Only when the_lettuce was sitting in the passenger seat of Ray's van did it occur to Francine that she would have to seduce him. At first, he'd declined her offer of a ride. But she'd insisted, and now here he was, nervously toggling the switch for the electric window.

"Turn here," he said. "Right." They descended a hill that went past the Ardmore SEPTA station.

"Are you in a hurry to get home? I'd like to pull over for a bit."

"You want to pull over?"

She turned into the station and parked at the far end of the lot, where there were no other cars. They sat silently for a moment, looking out the windshield at a row of dusty sumac bushes.

"I kind of figured I wouldn't see you again," he said.

"Can I be honest? I don't think you will."

"I didn't expect it. You don't have to explain."

"No, that's not what I mean. That's not why I wanted to stop here." She turned in her seat to look at him. A delicate nimbus of late afternoon light surrounded his large head and narrow shoulders. She unbuckled her seat belt, moving slowly and carefully, as she would around a skittish animal. "I'm going to come over there," she said. "Okay? I'm coming over to you now."

He took off his glasses and looked at her with large, grave eyes while she undid his seat belt and lowered herself onto his lap, resting her knees on the seat on either side of him. She saw now that he wasn't lashless: his eyelashes were almost translucent, but they were long and gently curled. She kissed him, and he kissed her back tentatively. His breath tasted of the coffee he'd nursed for the entire hour they had spent at Starbucks. She could feel his heart beating beneath his tropical shirt. Pressing into his lap, she felt a slight movement in response, but his arms stayed at his sides.
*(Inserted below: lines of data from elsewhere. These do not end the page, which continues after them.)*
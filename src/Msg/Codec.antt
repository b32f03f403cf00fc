-- ===== src/Msg/Codec.antt =====
-- The codec of whole messages: what `serializeMsg` writes, `unserializeMsg` of common/msg.cpp
-- reads.
use net_fs.Prelude.{
  ℕ, List, [], ◌∷◌, ◌++◌, ◌≡◌, refl, ap, sym, subst, ◌∙◌, arith, ◌↔◌, Bool-cases, inl, inr, ==_iff,
  ◌==◌, true, false, Bool, ◌||◌,
}
use mathlib.Core.Bool.{false≢true}
use net_fs.Serial.{Reader, pure, ◌>>=◌}
use net_fs.Serial.Codec.{
  IsCodec, IsCodec-seq, IsCodec-conv, AreBytes, bind-eq-ok, bind_ok, bind_err,
}
use net_fs.Serial.Laws.{pod-IsCodec}
use net_fs.Msg.Kinds.{
  type_bound, access_of_type, access_resp_of_type, statfs_of_type, statfs_resp_of_type,
  create_of_type, create_resp_of_type, stat_of_type, stat_resp_of_type, readdir_of_type,
  readdir_resp_of_type, read_of_type, read_resp_of_type, write_of_type, write_resp_of_type,
  truncate_of_type, truncate_resp_of_type, unlink_of_type, unlink_resp_of_type, rmdir_of_type,
  rmdir_resp_of_type, mkdir_of_type, mkdir_resp_of_type, rename_of_type, rename_resp_of_type,
}
use net_fs.Msg.{
  Msg, msg_type, serialize_body, serialize_msg, unserialize_msg, unserializor_lookup, at, access,
  access_resp, statfs, statfs_resp, create, create_resp, stat, stat_resp, readdir, readdir_resp,
  read, read_resp, write, write_resp, truncate, truncate_resp, unlink, unlink_resp, rmdir,
  rmdir_resp, mkdir, mkdir_resp, rename, rename_resp,
}
use net_fs.Msg.Access.{FitsAccess, access-IsCodec, FitsAccessResp, access_resp-IsCodec}
use net_fs.Msg.Statfs.{FitsStatfs, statfs-IsCodec, FitsStatfsResp, statfs_resp-IsCodec}
use net_fs.Msg.Create.{FitsCreate, create-IsCodec, FitsCreateResp, create_resp-IsCodec}
use net_fs.Msg.Stat.{FitsStat, stat-IsCodec, FitsStatResp, stat_resp-IsCodec}
use net_fs.Msg.Readdir.{FitsReaddir, readdir-IsCodec, FitsReaddirResp, readdir_resp-IsCodec}
use net_fs.Msg.Read.{FitsRead, read-IsCodec, FitsReadResp, read_resp-IsCodec}
use net_fs.Msg.Write.{FitsWrite, write-IsCodec, FitsWriteResp, write_resp-IsCodec}
use net_fs.Msg.Truncate.{FitsTruncate, truncate-IsCodec, FitsTruncateResp, truncate_resp-IsCodec}
use net_fs.Msg.Unlink.{FitsUnlink, unlink-IsCodec, FitsUnlinkResp, unlink_resp-IsCodec}
use net_fs.Msg.Rmdir.{FitsRmdir, rmdir-IsCodec, FitsRmdirResp, rmdir_resp-IsCodec}
use net_fs.Msg.Mkdir.{FitsMkdir, mkdir-IsCodec, FitsMkdirResp, mkdir_resp-IsCodec}
use net_fs.Msg.Rename.{FitsRename, rename-IsCodec, FitsRenameResp, rename_resp-IsCodec}

-- The messages whose fields fit their types: numbers below 2 ^ 32 or 2 ^ 64, strings of fewer than
-- 2 ^ 32 bytes, vectors of fewer than 2 ^ 64 elements.
abbrev pub FitsMsg : Msg → Type 0
FitsMsg (access m) = FitsAccess m
FitsMsg (access_resp m) = FitsAccessResp m
FitsMsg (statfs m) = FitsStatfs m
FitsMsg (statfs_resp m) = FitsStatfsResp m
FitsMsg (create m) = FitsCreate m
FitsMsg (create_resp m) = FitsCreateResp m
FitsMsg (stat m) = FitsStat m
FitsMsg (stat_resp m) = FitsStatResp m
FitsMsg (readdir m) = FitsReaddir m
FitsMsg (readdir_resp m) = FitsReaddirResp m
FitsMsg (read m) = FitsRead m
FitsMsg (read_resp m) = FitsReadResp m
FitsMsg (write m) = FitsWrite m
FitsMsg (write_resp m) = FitsWriteResp m
FitsMsg (truncate m) = FitsTruncate m
FitsMsg (truncate_resp m) = FitsTruncateResp m
FitsMsg (unlink m) = FitsUnlink m
FitsMsg (unlink_resp m) = FitsUnlinkResp m
FitsMsg (rmdir m) = FitsRmdir m
FitsMsg (rmdir_resp m) = FitsRmdirResp m
FitsMsg (mkdir m) = FitsMkdir m
FitsMsg (mkdir_resp m) = FitsMkdirResp m
FitsMsg (rename m) = FitsRename m
FitsMsg (rename_resp m) = FitsRenameResp m

-- The reader of one type of message, from the codec of its body.
module _ {R : Type 0} {Fits : R → Type 0} {write : R → List ℕ} {read : Reader R} (type : ℕ)
    (build : R → Msg) (c : IsCodec Fits write read)
    (same_body : (x : R) → serialize_body (build x) ≡ write x)
    (same_type : (x : R) → msg_type (build x) ≡ type) (fits : (x : R) → Fits x ↔ FitsMsg (build x))
    (only : (m : Msg) → msg_type m ≡ type → (x : R) × (m ≡ build x)) where
  creator-IsCodec :
      IsCodec (λ m. FitsMsg m × (msg_type m ≡ type)) serialize_body (do x ← read; pure (build x))
  creator-IsCodec = record {
    round_trip = λ m f rest.
        let (x, e) = only m f.1 in
        rw (e, same_body x)
          (bind_ok read (λ y. pure (build y)) _ rest x
            (c.round_trip x ((fits x).1 (subst FitsMsg e f.0)) rest));
    exact = λ s m rest a h.
        let (x, s', p, q) = bind-eq-ok read (λ y. pure (build y)) s h in
        let (fx, e, a') = c.exact s x s' a p in
        let same : build x ≡ m = cc in
        let left : s' ≡ rest = cc in
        (
          (subst FitsMsg same ((fits x).0 fx), ap msg_type (sym same) ∙ same_type x),
          e
              ∙ ap (λ t. write x ++ t) left
              ∙ ap (λ t. t ++ rest) (sym (same_body x) ∙ ap serialize_body same),
          subst AreBytes left a',
        );
    cut_short = λ m f p b q h.
        let (x, e) = only m f.1 in
        bind_err read (λ y. pure (build y)) p
          (c.cut_short x ((fits x).1 (subst FitsMsg e f.0)) p b q
            (sym (same_body x) ∙ ap serialize_body (sym e) ∙ h));
  }

-- Every entry of a table is the codec of its type.
abbrev Creators : List (ℕ × Reader Msg) → Type 0
Creators [] = Unit
Creators ((t, creator) ∷ table) =
    IsCodec (λ m. FitsMsg m × (msg_type m ≡ t)) serialize_body creator × Creators table

abbrev pub has : ℕ → List (ℕ × Reader Msg) → Bool
has type [] = false
has type ((t, _) ∷ table) = t == type || has type table

at_hit :
    (type t : ℕ) (creator : Reader Msg) (table : List (ℕ × Reader Msg)) (s : List ℕ)
    → (t == type) ≡ true
    → at type ((t, creator) ∷ table) s ≡ creator s
unfolding at
at_hit type t creator table s h = ground arith

at_miss :
    (type t : ℕ) (creator : Reader Msg) (table : List (ℕ × Reader Msg)) (s : List ℕ)
    → (t == type) ≡ false
    → at type ((t, creator) ∷ table) s ≡ at type table s
unfolding at
at_miss type t creator table s h = ground arith

-- The lookup in a table that holds every type that a message can have.
at-IsCodec :
    (type : ℕ) (table : List (ℕ × Reader Msg))
    → Creators table
    → ((m : Msg) → msg_type m ≡ type → has type table ≡ true)
    → IsCodec (λ m. FitsMsg m × (msg_type m ≡ type)) serialize_body (at type table)
at-IsCodec type [] c known = record {
  round_trip = λ m f rest. absurd (false≢true (known m f.1));
  exact = λ s m rest a h. unfold at in absurd (cc);
  cut_short = λ m f p b q h. absurd (false≢true (known m f.1));
}
at-IsCodec type ((t, creator) ∷ table) c known =
    let ih = at-IsCodec type table c.1 in
    elim (Bool-cases (t == type)) [
      | inl hit ↦
          let e : t ≡ type = (==_iff t type).0 hit in
          IsCodec-conv (λ m. (λ f. (f.0, f.1 ∙ sym e), λ f. (f.0, f.1 ∙ e))) (λ m. refl)
            (λ s. at_hit type t creator table s hit) c.0
      | inr miss ↦
          IsCodec-conv (λ m. (λ f. f, λ f. f)) (λ m. refl)
            (λ s. at_miss type t creator table s miss) (ih (λ m h. ground (arith, known m h)))
    ]

type_known : (m : Msg) → has (msg_type m) unserializor_lookup ≡ true
unfolding msg_type unserializor_lookup
type_known (access _) = refl
type_known (access_resp _) = refl
type_known (statfs _) = refl
type_known (statfs_resp _) = refl
type_known (create _) = refl
type_known (create_resp _) = refl
type_known (stat _) = refl
type_known (stat_resp _) = refl
type_known (readdir _) = refl
type_known (readdir_resp _) = refl
type_known (read _) = refl
type_known (read_resp _) = refl
type_known (write _) = refl
type_known (write_resp _) = refl
type_known (truncate _) = refl
type_known (truncate_resp _) = refl
type_known (unlink _) = refl
type_known (unlink_resp _) = refl
type_known (rmdir _) = refl
type_known (rmdir_resp _) = refl
type_known (mkdir _) = refl
type_known (mkdir_resp _) = refl
type_known (rename _) = refl
type_known (rename_resp _) = refl

creators : Creators unserializor_lookup
unfolding unserializor_lookup serialize_body msg_type
creators = (
  creator-IsCodec 0 access access-IsCodec (λ x. refl) (λ x. refl) (λ x. (λ f. f, λ f. f))
      access_of_type,
  (
    creator-IsCodec 1 access_resp access_resp-IsCodec (λ x. refl) (λ x. refl)
        (λ x. (λ f. f, λ f. f)) access_resp_of_type,
    (
      creator-IsCodec 2 statfs statfs-IsCodec (λ x. refl) (λ x. refl) (λ x. (λ f. f, λ f. f))
          statfs_of_type,
      (
        creator-IsCodec 3 statfs_resp statfs_resp-IsCodec (λ x. refl) (λ x. refl)
            (λ x. (λ f. f, λ f. f)) statfs_resp_of_type,
        (
          creator-IsCodec 4 create create-IsCodec (λ x. refl) (λ x. refl) (λ x. (λ f. f, λ f. f))
              create_of_type,
          (
            creator-IsCodec 5 create_resp create_resp-IsCodec (λ x. refl) (λ x. refl)
                (λ x. (λ f. f, λ f. f)) create_resp_of_type,
            (
              creator-IsCodec 6 stat stat-IsCodec (λ x. refl) (λ x. refl) (λ x. (λ f. f, λ f. f))
                  stat_of_type,
              (
                creator-IsCodec 7 stat_resp stat_resp-IsCodec (λ x. refl) (λ x. refl)
                    (λ x. (λ f. f, λ f. f)) stat_resp_of_type,
                (
                  creator-IsCodec 8 readdir readdir-IsCodec (λ x. refl) (λ x. refl)
                      (λ x. (λ f. f, λ f. f)) readdir_of_type,
                  (
                    creator-IsCodec 9 readdir_resp readdir_resp-IsCodec (λ x. refl) (λ x. refl)
                        (λ x. (λ f. f, λ f. f)) readdir_resp_of_type,
                    (
                      creator-IsCodec 10 read read-IsCodec (λ x. refl) (λ x. refl)
                          (λ x. (λ f. f, λ f. f)) read_of_type,
                      (
                        creator-IsCodec 11 read_resp read_resp-IsCodec (λ x. refl) (λ x. refl)
                            (λ x. (λ f. f, λ f. f)) read_resp_of_type,
                        (
                          creator-IsCodec 12 write write-IsCodec (λ x. refl) (λ x. refl)
                              (λ x. (λ f. f, λ f. f)) write_of_type,
                          (
                            creator-IsCodec 13 write_resp write_resp-IsCodec (λ x. refl) (λ x. refl)
                                (λ x. (λ f. f, λ f. f)) write_resp_of_type,
                            (
                              creator-IsCodec 14 truncate truncate-IsCodec (λ x. refl) (λ x. refl)
                                  (λ x. (λ f. f, λ f. f)) truncate_of_type,
                              (
                                creator-IsCodec 15 truncate_resp truncate_resp-IsCodec (λ x. refl)
                                    (λ x. refl) (λ x. (λ f. f, λ f. f)) truncate_resp_of_type,
                                (
                                  creator-IsCodec 16 unlink unlink-IsCodec (λ x. refl) (λ x. refl)
                                      (λ x. (λ f. f, λ f. f)) unlink_of_type,
                                  (
                                    creator-IsCodec 17 unlink_resp unlink_resp-IsCodec (λ x. refl)
                                        (λ x. refl) (λ x. (λ f. f, λ f. f)) unlink_resp_of_type,
                                    (
                                      creator-IsCodec 18 rmdir rmdir-IsCodec (λ x. refl) (λ x. refl)
                                          (λ x. (λ f. f, λ f. f)) rmdir_of_type,
                                      (
                                        creator-IsCodec 19 rmdir_resp rmdir_resp-IsCodec (λ x. refl)
                                            (λ x. refl) (λ x. (λ f. f, λ f. f)) rmdir_resp_of_type,
                                        (
                                          creator-IsCodec 20 mkdir mkdir-IsCodec (λ x. refl)
                                              (λ x. refl) (λ x. (λ f. f, λ f. f)) mkdir_of_type,
                                          (
                                            creator-IsCodec 21 mkdir_resp mkdir_resp-IsCodec
                                                (λ x. refl) (λ x. refl) (λ x. (λ f. f, λ f. f))
                                                mkdir_resp_of_type,
                                            (
                                              creator-IsCodec 22 rename rename-IsCodec (λ x. refl)
                                                  (λ x. refl) (λ x. (λ f. f, λ f. f))
                                                  rename_of_type,
                                              (
                                                creator-IsCodec 23 rename_resp rename_resp-IsCodec
                                                    (λ x. refl) (λ x. refl) (λ x. (λ f. f, λ f. f))
                                                    rename_resp_of_type,
                                                (tt),
                                              ),
                                            ),
                                          ),
                                        ),
                                      ),
                                    ),
                                  ),
                                ),
                              ),
                            ),
                          ),
                        ),
                      ),
                    ),
                  ),
                ),
              ),
            ),
          ),
        ),
      ),
    ),
  ),
)

-- The type of a message and then its body.
pub msg-IsCodec : IsCodec FitsMsg serialize_msg unserialize_msg
unfolding serialize_msg unserialize_msg
msg-IsCodec =
    IsCodec-seq msg_type (λ m f. type_bound m) (pod-IsCodec 4)
      λ type h. at-IsCodec type unserializor_lookup creators (λ m e. rw (← e) (type_known m))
"These angles won't work," she said. "Let me make some space in back."

He stayed up front while she moved Ray's shop vac to one side, and his tool cases, and the milk crates full of sanding disks, and the boxes of nail cartridges. She found a heavy furniture pad and shook the sawdust out the side door, then spread it out in the space she'd cleared. "Okay," she said, peeling her T-shirt off. "Do you want to come back?"

She knelt in her bra and panties and looked up at him while he undressed. He was very thin, covered everywhere with fine, reddish-blond hair. She reached for his hand and pulled him down next to her, and they lay side by side kissing. Sucking his lower lip to stop his hard little tongue from darting around in her mouth, she felt him relax. She guided his hand inside her panties, willing herself to think of him, the_lettuce, Eric, and no one else as the light dimmed, softening the outlines of the tool cases and crates around them.
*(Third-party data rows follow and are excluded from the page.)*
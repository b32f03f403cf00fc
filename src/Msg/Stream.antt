-- ===== src/Msg/Stream.antt =====
-- Messages on a stream: `serializeMsg` and `unserializeMsg` of common/msg.cpp, at both ends.
use net_fs.Prelude.{
  ℕ, ◌<◌, ◌≤◌, ◌^◌, List, [], ◌∷◌, ◌++◌, ok, err, end_of_stream, out_of_range, ◌≡◌, refl, sym, ap,
  ◌∙◌, arith, false,
}
use net_fs.Serial.{Reader, serialize_pod, unserialize_pod}
use net_fs.Serial.Codec.{AreBytes, bind_ok}
use net_fs.Serial.Laws.{pod-IsCodec}
use net_fs.Msg.{Msg, serialize_msg, unserialize_msg, unserializor_lookup, at}
use net_fs.Msg.Codec.{FitsMsg, msg-IsCodec, has}

-- Every message whose fields fit their types is read back from the bytes that are written for it,
-- and the reader leaves whatever follows on the stream.
pub unserialize_msg-serialize_msg :
    (m : Msg) (rest : List ℕ) → FitsMsg m → unserialize_msg (serialize_msg m ++ rest) ≡ ok (m, rest)
unserialize_msg-serialize_msg m rest f = msg-IsCodec.round_trip m f rest

-- Bytes are read as a message only if they begin with exactly the bytes that are written for it;
-- the message that is read has fields that fit their types.
pub serialize_msg-unserialize_msg :
    (s : List ℕ) (m : Msg) (rest : List ℕ)
    → AreBytes s
    → unserialize_msg s ≡ ok (m, rest)
    → FitsMsg m × (s ≡ serialize_msg m ++ rest)
serialize_msg-unserialize_msg s m rest a h =
    let (f, e, _) = msg-IsCodec.exact s m rest a h in (f, e)

-- A message of which the last byte or more is missing is never read as another message: the reader
-- runs into the end of the stream.
pub unserialize_msg-cut_short :
    (m : Msg) (p : List ℕ) (b : ℕ) (q : List ℕ)
    → FitsMsg m
    → serialize_msg m ≡ p ++ b ∷ q
    → unserialize_msg p ≡ err end_of_stream
unserialize_msg-cut_short m p b q f h = msg-IsCodec.cut_short m f p b q h

at_absent :
    (type : ℕ) (table : List (ℕ × Reader Msg)) (s : List ℕ)
    → has type table ≡ false
    → at type table s ≡ err out_of_range
unfolding at
at_absent type [] s h = refl
at_absent type ((t, creator) ∷ table) s h = ground (arith, at_absent type table s)

-- A type from 24 up is in no enumerator's place: reading it stops with the exception of `at`.
pub unserialize_msg-unknown :
    (type : ℕ) (rest : List ℕ)
    → 24 ≤ type
    → type < 2 ^ 32
    → unserialize_msg (serialize_pod 4 type ++ rest) ≡ err out_of_range
unfolding unserialize_msg
unserialize_msg-unknown type rest h k =
    bind_ok (unserialize_pod 4) (λ t. at t unserializor_lookup) _ rest type
      ((pod-IsCodec 4).round_trip type k rest)
    ∙ at_absent type unserializor_lookup rest (unfold unserializor_lookup in ground arith)

-- Where one message ends is determined: two messages that begin the same bytes are the same, and so
-- is what follows them.
pub serialize_msg-injective :
    (m m' : Msg) (rest rest' : List ℕ)
    → FitsMsg m
    → FitsMsg m'
    → serialize_msg m ++ rest ≡ serialize_msg m' ++ rest'
    → (m ≡ m') × (rest ≡ rest')
serialize_msg-injective m m' rest rest' f f' h =
    let same =
      sym (unserialize_msg-serialize_msg m rest f)
      ∙ ap unserialize_msg h
      ∙ unserialize_msg-serialize_msg m' rest' f' in
    (cc, cc)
"Thank you," he said over and over as they made love. At first she shushed him, but she felt it too: gratitude. After a while, his words became sighs.

Francine waited at the curb while the lettuce unlocked the door to his apartment. He looked like a little kid, with his backpack and short pants. He turned and waved, and she waved back until he was inside. The light came on in the living room. A cat jumped up on the windowsill--the one with feline leukemia, she supposed. She did a three-point turn in the wide street and drove past the train station. The lot was empty now.

She thought of the strange movie about the Scottish fishing village--the one that made her and Ray cry. At a stoplight on Montgomery Ave. she dug her cell phone out of her pocketbook, but then she remembered the bumper stickers. Best not to risk a ticket. She pulled up to a meter and put the van in park.

She considered whether to tell Ray about the_lettuce. After all, they were nothing like that couple. Ray wasn't paralyzed and she wasn't a young bride. While she dialed his number, she pictured the_lettuce shrugging off his backpack, pouring himself a glass of milk, uncapping his Rapidograph pen at the kitchen table. She wondered if he would move to Delaware. She hoped not. She didn't know what she did hope for him, but not that.